▶ _Problem to solve_: Take the line that has "unfolding put_all" and all the lines that come after it in the records, and write them out again exactly. Add no other line.

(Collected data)

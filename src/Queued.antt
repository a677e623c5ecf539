-- ===== src/Queued.antt =====
-- cmd/queued/main.go: from the flags to the exit of the process. What serving makes of the manager and
-- its log is an argument, and so is how it ends: ListenAndServe returns, or a signal comes and
-- Shutdown answers. A call of Fatalf is an exit with its reason. The lines of the logger and the
-- settings of the HTTP server are left out.
pub mod Laws
mod Tests
use stitch.Prelude.{
  ℕ, Bool, true, false, String, Option, none, some, List, [], Result, ok, err, str_eq,
  if◌then◌else◌,
}
use stitch.Prelude.Int.{ℤ, pos}
use stitch.Queue.Payload.{Payload}
use stitch.Wal.Recovery.{IoError, Disk}
use stitch.Wal.Log.{
  sync_always, sync_group, default_segment_size, Options, LogError, Log, WriteFaults, Reply,
}
use stitch.Wal.Open.{OpenFaults, OpenError, open_log}
use stitch.Manager.{Manager, ReplayFault, apply_record}
use stitch.Manager.Fleet.{new_replay}
use stitch.Manager.Open.{Started, open_manager}
use stitch.Manager.Close.{close_manager}

pub record Flags : Type 0 where
  pub addr : String
  pub dir : String
  pub fsync : String
  pub segment_size : ℤ
  pub unsafe_demo : Bool

abbrev pub default_flags : Flags
default_flags = record {
  addr = ":8080";
  dir = "data/wal";
  fsync = "group";
  segment_size = default_segment_size;
  unsafe_demo = false;
}

-- The switch on the fsync flag.
unfoldable pub sync_of : String → Option String
sync_of fsync =
    if str_eq fsync sync_always
    then some sync_always
    else if str_eq fsync sync_group
    then some sync_group
    else none

-- The options of the log, by way of those of the manager.
abbrev pub options_of : Flags → String → Options
options_of flags sync = record {
  dir = flags.dir;
  sync = sync;
  segment_size = flags.segment_size;
  batch_max = pos 0;
}

-- An error of ListenAndServe: http.ErrServerClosed, or another.
pub data ServeError : Type 0 where
  server_closed : ServeError
  listen_failed : String → ServeError

-- The case that the select took, with the error of ListenAndServe or of Shutdown.
pub data Ending : Type 0 where
  served : Option ServeError → Ending
  signalled : Option String → Ending

pub data Exit : Type 0 where
  bad_fsync : String → Exit
  recovery_failed : OpenError ReplayFault → Exit
  serve_failed : String → Exit
  close_failed : LogError → Exit
  stopped : Exit

-- The error that ends the process before Close.
unfoldable pub serve_fault : Ending → Option String
serve_fault (served none) = none
serve_fault (served (some server_closed)) = none
serve_fault (served (some (listen_failed e))) = some e
serve_fault (signalled answer) = none

abbrev pub exit_of : Option LogError → Exit
exit_of none = stopped
exit_of (some e) = close_failed e

-- What follows the opening: the end of serving, and Close. The result has the disk that the process
-- leaves, and the replies to the appends that Close drained.
unfoldable pub serve :
    Ending → (ℕ → WriteFaults) → Option IoError → Manager × Log → Exit × (Disk × List Reply)
serve ending faults close_fault (m, l) = elim (serve_fault ending) [
  | some e ↦ (serve_failed e, (l.disk, []))
  | none ↦
      let (answer, closed) = close_manager faults close_fault m l in
      (exit_of answer, (closed.log.disk, closed.replies))
]

unfoldable pub queued :
    (ℕ → List ℕ → Option Payload)
    → Flags
    → OpenFaults
    → ℕ
    → (Started → Manager × Log)
    → Ending
    → (ℕ → WriteFaults)
    → Option IoError
    → Disk
    → Exit × (Disk × List Reply)
queued json flags open_faults now serving ending faults close_fault disk =
    elim (sync_of flags.fsync) [
      | none ↦ (bad_fsync flags.fsync, (disk, []))
      | some sync ↦
          let opts = options_of flags sync in
          elim (open_manager json open_faults opts now disk) [
            | err e ↦ (
              recovery_failed e,
              ((open_log (apply_record json) open_faults opts disk new_replay).1, []),
            )
            | ok s ↦ serve ending faults close_fault (serving s)
          ]
    ]
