-- ===== src/Operator/AppService/EnvVars.antt =====
-- The environment of a container (`EnvVarManager` of tembo-operator/src/app_service/manager.rs): a
-- vector in the order in which its keys came, and a map from the keys to their indexes.
pub mod Refined
pub mod Values
use tembo.Prelude.{
  ℕ, String, zero, suc, Option, none, some, List, [], ◌∷◌, ◌++◌, length, cons_to, ◌==◌,
  if◌then◌else◌,
}
use tembo.Prelude.BTreeMap
use tembo.Prelude.BTreeMap.{BTreeMap}
use tembo.Operator.Types.AppServices.{EnvVar}

pub record EnvVarManager : Type 0 where
  pub vars : List EnvVar
  pub lookup : BTreeMap ℕ

abbrev pub new : EnvVarManager
new = record { vars = []; lookup = [] }

-- `xs[index] = x`, which panics where there is no such element.
unfoldable pub write_at {ℓ} : {A : Type ℓ} → ℕ → A → List A → Option (List A)
write_at n x [] = none
write_at zero x (y ∷ ys) = some (x ∷ ys)
write_at (suc n) x (y ∷ ys) = cons_to y (write_at n x ys)

abbrev pub with_vars : BTreeMap ℕ → Option (List EnvVar) → Option EnvVarManager
with_vars lookup none = none
with_vars lookup (some vars) = some (record { vars = vars; lookup = lookup })

abbrev pub set_at : String → EnvVar → EnvVarManager → Option ℕ → Option EnvVarManager
set_at key value m (some index) = with_vars m.lookup (write_at index value m.vars)
set_at key value m none =
    some (record {
      vars = m.vars ++ value ∷ [];
      lookup = BTreeMap.insert key (length m.vars) m.lookup;
    })

unfoldable pub set : String → EnvVar → EnvVarManager → Option EnvVarManager
set key value m = set_at key value m (BTreeMap.get key m.lookup)

abbrev pub Entries : Type 0
Entries = List (String × EnvVar)

-- One `set` after the other.
abbrev and_then {ℓ} : {A : Type ℓ} → Option A → (A → Option A) → Option A
and_then none f = none
and_then (some x) f = f x

unfoldable pub set_all : Entries → EnvVarManager → Option EnvVarManager
set_all [] m = some m
set_all (e ∷ es) m = and_then (set e.0 e.1 m) (set_all es)

-- What the manager stands for: a list of entries, where a known key keeps its place.
unfoldable pub put : String → EnvVar → Entries → Entries
put key value [] = (key, value) ∷ []
put key value ((k, v) ∷ es) =
    let rest = put key value es in if k == key then (k, value) ∷ es else (k, v) ∷ rest

unfoldable pub put_all : Entries → Entries → Entries
put_all [] es = es
put_all (d ∷ ds) es = put_all ds (put d.0 d.1 es)
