-- ===== src/Operator/AppService/EnvVars/Refined.antt =====
-- The manager of a container's environment against a list of entries
-- (tembo-operator/src/app_service/manager.rs).
use tembo.Prelude.{
  ℕ, String, suc, ◌≡◌, ◌∙◌, refl, ap, sym, Option, none, some, [], ◌∷◌, ◌++◌, map, inl, inr, arith,
  eq_iff, length, ◌==◌, if◌then◌else◌, Option-cases, Bool-cases,
}
use tembo.Prelude.BTreeMap
use tembo.Prelude.BTreeMap.{get-insert}
use tembo.Operator.Types.AppServices.{EnvVar}
use tembo.Operator.AppService.EnvVars.{
  EnvVarManager, new, write_at, set_at, set, set_all, Entries, put, put_all,
}

abbrev next : Option ℕ → Option ℕ
next none = none
next (some n) = some (suc n)

index_of : String → Entries → Option ℕ
index_of key [] = none
index_of key ((k, v) ∷ es) = if k == key then some 0 else next (index_of key es)

record Refines (m : EnvVarManager) (es : Entries) : Type 0 where
  vars_same : m.vars ≡ map (λ e. e.1) es
  lookup_same : (key : String) → BTreeMap.get key m.lookup ≡ index_of key es

next-none : (o : Option ℕ) → next o ≡ none → o ≡ none
next-none none h = refl
next-none (some n) h = cc

next-some : (o : Option ℕ) (n : ℕ) → next o ≡ some n → (k : ℕ) × (o ≡ some k) × (n ≡ suc k)
next-some none n h = cc
next-some (some k) n h = (k, refl, cc)

put_absent :
    (key : String) (value : EnvVar) (es : Entries)
    → index_of key es ≡ none
    → put key value es ≡ es ++ (key, value) ∷ []
unfolding index_of put
put_absent key value [] h = refl
put_absent key value ((k, v) ∷ es) h = elim (Bool-cases (k == key)) [
  | inl e ↦ let there : ◌≡◌ {A = Option ℕ} (some 0) none = rw (e, if◌then◌else◌) at h in cc
  | inr e ↦
      rw (e, if◌then◌else◌)
        (ap (λ l. (k, v) ∷ l)
          (put_absent key value es (next-none (index_of key es) (rw (e, if◌then◌else◌) at h))))
]

index_of-append :
    (j key : String) (value : EnvVar) (es : Entries)
    → index_of key es ≡ none
    → index_of j (es ++ (key, value) ∷ []) ≡ (if key == j then some (length es) else index_of j es)
unfolding index_of
index_of-append j key value [] h = refl
index_of-append j key value ((k, v) ∷ es) h =
    ground (arith, eq_iff k j, eq_iff k key, eq_iff key j, index_of-append j key value es)

write_at-put :
    (key : String) (value : EnvVar) (es : Entries) (n : ℕ)
    → index_of key es ≡ some n
    → write_at n value (map (λ e. e.1) es) ≡ some (map (λ e. e.1) (put key value es))
unfolding index_of put write_at
write_at-put key value [] n h = cc
write_at-put key value ((k, v) ∷ es) n h = elim (Bool-cases (k == key)) [
  | inl e ↦
      let here : 0 ≡ n =
        let eq : ◌≡◌ {A = Option ℕ} (some 0) (some n) = rw (e, if◌then◌else◌) at h in cc in
      rw (e, sym here) refl
  | inr e ↦
      let later = next-some (index_of key es) n (rw (e, if◌then◌else◌) at h) in
      rw (e, later.2, write_at-put key value es later.0 later.1) refl
]

index_of-put :
    (j key : String) (value : EnvVar) (es : Entries) (n : ℕ)
    → index_of key es ≡ some n
    → index_of j (put key value es) ≡ index_of j es
unfolding index_of put
index_of-put j key value [] n h = cc
index_of-put j key value ((k, v) ∷ es) n h = elim (Bool-cases (k == key)) [
  | inl e ↦ rw (e, if◌then◌else◌) refl
  | inr e ↦
      let later = next-some (index_of key es) n (rw (e, if◌then◌else◌) at h) in
      rw (e, index_of-put j key value es later.0 later.1) refl
]

values_append :
    (es : Entries) (key : String) (value : EnvVar)
    → map (λ e. e.1) (es ++ (key, value) ∷ []) ≡ map (λ e. e.1) es ++ value ∷ []
values_append [] key value = refl
values_append ((k, v) ∷ es) key value = ap (λ l. v ∷ l) (values_append es key value)

length-values : (es : Entries) → length (map (λ e. e.1) es) ≡ length es
length-values [] = refl
length-values (e ∷ es) = ap suc (length-values es)

set-absent :
    (key : String) (value : EnvVar) (m : EnvVarManager) (es : Entries)
    → Refines m es
    → index_of key es ≡ none
    → Refines
        (record {
          vars = m.vars ++ value ∷ [];
          lookup = BTreeMap.insert key (length m.vars) m.lookup;
        })
        (put key value es)
set-absent key value m es h absent = record {
  vars_same = rw (put_absent key value es absent, h.vars_same) (sym (values_append es key value));
  lookup_same = λ j.
      let same : length m.vars ≡ length es = ap length h.vars_same ∙ length-values es in
      rw
        (
          get-insert,
          put_absent key value es absent,
          index_of-append j key value es absent,
          same,
          h.lookup_same j,
        )
        refl;
}

set-Refines :
    (key : String) (value : EnvVar) (m : EnvVarManager) (es : Entries)
    → Refines m es
    → (m' : EnvVarManager) × (set key value m ≡ some m') × Refines m' (put key value es)
unfolding set
set-Refines key value m es h = elim (Option-cases (index_of key es)) [
  | inl absent ↦
      (_, ap (set_at key value m) (h.lookup_same key ∙ absent), set-absent key value m es h absent)
  | inr (n, there) ↦ (
    record { vars = map (λ e. e.1) (put key value es); lookup = m.lookup },
    rw (h.lookup_same key, there, h.vars_same, write_at-put key value es n there) refl,
    record {
      vars_same = refl;
      lookup_same = λ j. h.lookup_same j ∙ sym (index_of-put j key value es n there);
    },
  )
]

set_all-Refines :
    (ds : Entries) (m : EnvVarManager) (es : Entries)
    → Refines m es
    → (m' : EnvVarManager) × (set_all ds m ≡ some m') × Refines m' (put_all ds es)
unfolding set_all put_all
set_all-Refines [] m es h = (m, refl, h)
set_all-Refines ((k, v) ∷ ds) m es h =
    let first = set-Refines k v m es h in
    let later = set_all-Refines ds first.0 (put k v es) first.2 in
    (later.0, rw first.1 later.1, later.2)

-- Any sequence of `set` on a new manager goes through, without an index that is out of range, and
-- leaves in the vector one element for each key, at the place where the key came first and with the
-- value that came last for it: what `put` makes of the entries.
pub set_all-new :
    (es : Entries)
    → (m : EnvVarManager) × (set_all es new ≡ some m) × (m.vars ≡ map (λ e. e.1) (put_all es []))
unfolding index_of BTreeMap.get
set_all-new es =
    let run = set_all-Refines es new [] (record { vars_same = refl; lookup_same = λ j. refl }) in
    (run.0, run.1, run.2.vars_same)
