-- ===== src/Operator/AppService/EnvVars/Values.antt =====
-- The value that a key is left with by a sequence of entries
-- (tembo-operator/src/app_service/manager.rs).
use tembo.Prelude.{
  String, ◌≡◌, ◌∙◌, refl, sym, Option, none, some, [], ◌∷◌, inl, inr, arith, eq_iff, ◌==◌,
  if◌then◌else◌, Bool-cases, All,
}
use tembo.Operator.Types.AppServices.{EnvVar}
use tembo.Operator.AppService.EnvVars.{Entries, put, put_all}

-- The value of the first entry with a key.
unfoldable pub value_of : String → Entries → Option EnvVar
value_of key [] = none
value_of key ((k, v) ∷ es) = if k == key then some v else value_of key es

-- The value of the last one.
unfoldable pub last_of : String → Entries → Option EnvVar
last_of key [] = none
last_of key ((k, v) ∷ es) = elim (last_of key es) [
  | some w ↦ some w
  | none ↦ if k == key then some v else none
]

value_of-put :
    (key j : String) (v : EnvVar) (es : Entries)
    → value_of j (put key v es) ≡ (if key == j then some v else value_of j es)
unfolding value_of put
value_of-put key j v [] = refl
value_of-put key j v ((k, w) ∷ es) =
    ground (arith, eq_iff k key, eq_iff k j, eq_iff key j, value_of-put key j v es)

pub value_of-put_all :
    (j : String) (ds es : Entries)
    → value_of j (put_all ds es) ≡ (elim (last_of j ds) [ some v ↦ some v | none ↦ value_of j es ])
unfolding value_of last_of put_all
value_of-put_all j [] es = refl
value_of-put_all j ((k, v) ∷ ds) es =
    ground (arith, value_of-put_all j ds (put k v es), value_of-put k j v es)

-- Each key is the name of the variable.
abbrev pub IsNamed : Entries → Type 0
IsNamed = All (λ e. e.1.name ≡ e.0)

put-IsNamed :
    (key : String) (v : EnvVar) (es : Entries) → v.name ≡ key → IsNamed es → IsNamed (put key v es)
unfolding put
put-IsNamed key v [] h a = (h, tt)
put-IsNamed key v ((k, w) ∷ es) h (a, as_named) = elim (Bool-cases (k == key)) [
  | inl e ↦ rw (e, put) (h ∙ sym ((eq_iff k key).0 e), as_named)
  | inr e ↦ rw (e, put) (a, put-IsNamed key v es h as_named)
]

pub put_all-IsNamed : (ds es : Entries) → IsNamed ds → IsNamed es → IsNamed (put_all ds es)
unfolding put_all
put_all-IsNamed [] es h a = a
put_all-IsNamed ((k, v) ∷ ds) es (h, hs) a =
    put_all-IsNamed ds (put k v es) hs (put-IsNamed k v es h a)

▶ _Task result_:
unfolding put_all
put_all-IsNamed [] es h a = a
put_all-IsNamed ((k, v) ∷ ds) es (h, hs) a =
    put_all-IsNamed ds (put k v es) hs (put-IsNamed k v es h a)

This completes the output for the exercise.